Tan pronto pregunté que salsa tenían los Nachos, las caras de los jóvenes empelados cambio de expresión en espera de una pataleta de protesta.
¿Salsa ranchera, por qué? Fue la respuesta que rompió el eterno silencio de varios segundos.
Porque esta ¡BIEN BUENA!, ¿Puedo ver el pote? Pregunte con la lujuria y anticipación de un universitario que se prepara para el fin de semana de Justas en Ponce.
“No, si eso lo hacemos aquí, se ponen los tomates, los pimientos y los demás ingredientes, se cocinan y luego se muele y se cuela” dijo el ahora orgulloso y emocionado supervisor mientras aclaró que también se le pone azúcar, “porque si no sabe bien mala”.
Sus palabras retumbaban en mi cabeza con la hermosura del Aleluya en voz de los Niños Cantores de Viena. ¿Qué, que me dices? dije perplejo en medio de aquel momento de epifanía gastronómica.
Tras recuperar mi compostura y reflexionando sobre lo ocurrido, me di cuenta que comida servida rápidamente, no quiere decir comida rápida.
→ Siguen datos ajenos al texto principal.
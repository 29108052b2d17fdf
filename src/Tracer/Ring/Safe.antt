-- ===== src/Tracer/Ring/Safe.antt =====
-- What is true of a shared ring between any two steps, and what the producer and the consumer may
-- rely on.
use oteltracing_c.Base.{ℕ, zero, suc, ◌+◌, ◌%◌, ◌^◌, ◌≤◌, ◌<◌, ◌≡◌, refl, ap, ◌∙◌, ◌++◌, arith}
use oteltracing_c.Tracer.Ring.{Ring}
use oteltracing_c.Tracer.Ring.Queue.{IsRing, items}
use oteltracing_c.Tracer.Ring.Threads.{
  Producer, outside, ready, written, Consumer, away, looping, Shared,
}

-- What the producer may rely on.
abbrev pub Held : Ring → ℕ → ℕ → Producer → Type 0
Held r from count outside = Unit {0}
Held r from count (ready s) = count < r.capacity
Held r from count (written s) = (count < r.capacity) × (r.slots ((from + count) % r.capacity) ≡ s)

-- Where the consumer is: `done` spans past `tail`, with `rest` behind them.
abbrev pub Reached : ℕ → ℕ → ℕ → Consumer → Type 0
Reached from done rest away = done ≡ 0
Reached from done rest (looping tail head) =
    (tail ≡ (from + done) % 2 ^ 64)
    × (todo : ℕ) × (todo ≤ rest)
    × (head ≡ (from + done + todo) % 2 ^ 64)

-- The spans published are those emitted and then those that wait in the ring, in order.
pub record Safe (t : Shared) : Type 0 where
  pub from : ℕ
  pub done : ℕ
  pub rest : ℕ
  pub ring : IsRing t.ring from (done + rest)
  pub history : t.accepted ≡ t.emitted ++ items t.ring (from + done) rest
  pub producer : Held t.ring from (done + rest) t.producer
  pub consumer : Reached from done rest t.consumer

pub Reached-more :
    (from done rest : ℕ) (c : Consumer) → Reached from done rest c → Reached from done (suc rest) c
Reached-more from done rest away h = h
Reached-more from done rest (looping tail head) h = (h.0, h.1, omega (arith, h.2), h.3)

pub before : (n : ℕ) → 0 < n → (m : ℕ) × (n ≡ suc m)
before zero h = absurd (omega arith)
before (suc m) h = (m, refl)

-- The producer does not see that spans left the ring.
pub Held-moved :
    (r : Ring) (from done rest tail : ℕ) (p : Producer)
    → Held r from (done + rest) p
    → Held (record r { tail = tail }) (from + done) (0 + rest) p
Held-moved r from done rest tail outside h = tt
Held-moved r from done rest tail (ready s) h = omega (arith, h)
Held-moved r from done rest tail (written s) h =
    let same : from + done + (0 + rest) ≡ from + (done + rest) = omega arith in
    (omega (arith, h.0), ap (λ n. r.slots (n % r.capacity)) same ∙ h.1)

pub Held-dropped :
    (r : Ring) (n from count : ℕ) (p : Producer)
    → Held r from count p
    → Held (record r { dropped = n }) from count p
Held-dropped r n from count outside h = tt
Held-dropped r n from count (ready s) h = h
Held-dropped r n from count (written s) h = h

-- The consumer went one span on.
pub stepped :
    (from done : ℕ) {rest m tail head todo : ℕ}
    → 0 < todo
    → todo ≤ rest
    → tail ≡ (from + done) % 2 ^ 64
    → head ≡ (from + done + todo) % 2 ^ 64
    → rest ≡ suc m
    → Reached from (suc done) m (looping ((tail + 1) % 2 ^ 64) head)
stepped from done {todo = todo} left few at end is =
    let (k, more) = before todo left in
    (omega (arith, at), k, omega (arith, more, few, is), omega (arith, end, more))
En BlanKita, el servicio rápido parece ser el producto de muchas horas de preparación que permiten tener todo a la mano para poder ensamblar la orden rápida y eficientemente. Ese tiempo de preparación permite a su vez que la comida sea rica en sabores y experiencias.
Nunca he visitado México, pero estoy seguro que allí, al igual que todos los negocios de comidas familiares del mundo, los negocios tienen el mismo sistema de trabajar que Blankita, largas horas de preparación para poder ofrecer en unos minutos, el producto más fresco y sabroso.
Blankita resultó ser una grata sorpresa. No se si sus sabores y texturas son tradicionales mejicanos, lo que si se es que la pasé bien, comí sabroso y sustancioso y lo baje con una Medallita. “Life is good”
Realmente no me puedo quejar, pues además, todavía me falta probar la fonda sobre ruedas de los hermanos dominicanos. De eso le cuento en la proxima.